Both the line with "unfolding opted_in" and the line with "unfolding select_named" in the records below must appear in the output, along with every line between them, exactly and with nothing added.

** Opening MATERIAL TO PROCESS block **

-- ===== src/CrossInstance/Selected.antt =====
-- Which instances a query goes to.
use mcp_odoo.Prelude.Result.{ok, >>=-eq-ok, ok_inj}
use mcp_odoo.Prelude.{
  String, ◌≡◌, refl, ◌∙◌, Bool, true, false, not, ◌&&◌, Option, none, some, List, [], ◌∷◌, arith,
  eq_iff,
}
use mathlib.Core.Path.{subst}
use mcp_odoo.Prelude.Dict
use mcp_odoo.Prelude.Dict.{Dict, contains}
use mcp_odoo.Prelude.Dict.Entries.{IsKeyed}
use mcp_odoo.Json.{Value}
use mcp_odoo.Write.Host.{Host}
use mcp_odoo.FieldPolicy.Redaction.{contains-sorted_set}
use mcp_odoo.CrossInstance.{
  InstanceMeta, Selection, Requested, every, tagged, named, read_request, opted_in, has_tag,
  select_named, select, select_instances,
}

-- a test of an instance that is configured
abbrev pub holds_of : (InstanceMeta → Bool) → Option InstanceMeta → Bool
holds_of p none = false
holds_of p (some meta) = p meta

-- whether an instance takes part
abbrev pub is_opted_in : Dict InstanceMeta → String → Bool
is_opted_in metas name = holds_of (λ meta. meta.cross_instance) (Dict.get name metas)

abbrev pub is_configured : Dict InstanceMeta → String → Bool
is_configured metas name = holds_of (λ _. true) (Dict.get name metas)

-- whether a request asks for an instance
abbrev pub asks_for : Dict InstanceMeta → Requested → String → Bool
asks_for metas every name = true
asks_for metas (tagged wanted) name = holds_of (has_tag wanted) (Dict.get name metas)
asks_for metas (named names) name = contains names name

-- whether a request names an instance
abbrev pub is_named_in : Requested → String → Bool
is_named_in (named names) name = contains names name
is_named_in _ name = false

-- The instances selected are those asked for that take part; those that are named and do not take
-- part, or are not configured, are reported as such.
abbrev pub IsSelection : Dict InstanceMeta → Requested → Selection → String → Type 0
IsSelection metas q s name =
    (contains s.selected name ≡ (asks_for metas q name && is_opted_in metas name))
    × (contains s.skipped_opt_out name
        ≡ (is_named_in q name && (is_configured metas name && not (is_opted_in metas name))))
    × (contains s.unknown name ≡ (is_named_in q name && not (is_configured metas name)))

contains-opted_in :
    (p : InstanceMeta → Bool) (metas : Dict InstanceMeta) (name : String)
    → IsKeyed metas
    → contains (opted_in p metas) name
      ≡ (holds_of p (Dict.get name metas) && is_opted_in metas name)
unfolding opted_in
contains-opted_in p [] name u = refl
contains-opted_in p ((n, meta) ∷ metas) name u =
    ground (arith, u.0, contains-opted_in p metas name u.1, eq_iff n name)

select_named-IsSelection :
    (metas : Dict InstanceMeta) (names : List String) (name : String)
    → IsSelection metas (named names) (select_named metas names) name
unfolding select_named
select_named-IsSelection metas [] name = (refl, refl, refl)
select_named-IsSelection metas (n ∷ names) name =
    ground (arith, select_named-IsSelection metas names name, eq_iff n name)

select-IsSelection :
    (metas : Dict InstanceMeta) (q : Requested) (name : String)
    → IsKeyed metas
    → IsSelection metas q (select metas q) name
unfolding select
select-IsSelection metas every name u = (
  contains-sorted_set (opted_in (λ _. true) metas) name
      ∙ ground (arith, contains-opted_in (λ _. true) metas name u),
  refl,
  refl,
)
select-IsSelection metas (tagged wanted) name u = (
  contains-sorted_set (opted_in (has_tag wanted) metas) name
      ∙ contains-opted_in (has_tag wanted) metas name u,
  refl,
  refl,
)
select-IsSelection metas (named names) name u = select_named-IsSelection metas names name

-- The instances selected are exactly those that the request asks for, by its tags, by name or all of
-- them, and that have not opted out; those that it names and that opted out, or are not configured,
-- are exactly the ones reported so.
pub select_instances-IsSelection :
    (host : Host) (requested : Value) (metas : Dict InstanceMeta) (s : Selection) (name : String)
    → IsKeyed metas
    → select_instances host requested metas ≡ ok s
    → (q : Requested) × (read_request host requested ≡ ok q) × IsSelection metas q s name
unfolding select_instances
select_instances-IsSelection host requested metas s name u h =
    let (q, read, same) = >>=-eq-ok (read_request host requested) _ h in
    (
      q,
      read,
      subst (λ t. IsSelection metas q t name) (ok_inj same) (select-IsSelection metas q name u),
    )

** Closing MATERIAL TO PROCESS block **

• RESPONSE TO THIS TASK
unfolding opted_in
contains-opted_in p [] name u = refl
contains-opted_in p ((n, meta) ∷ metas) name u =
    ground (arith, u.0, contains-opted_in p metas name u.1, eq_iff n name)

select_named-IsSelection :
    (metas : Dict InstanceMeta) (names : List String) (name : String)
    → IsSelection metas (named names) (select_named metas names) name
unfolding select_named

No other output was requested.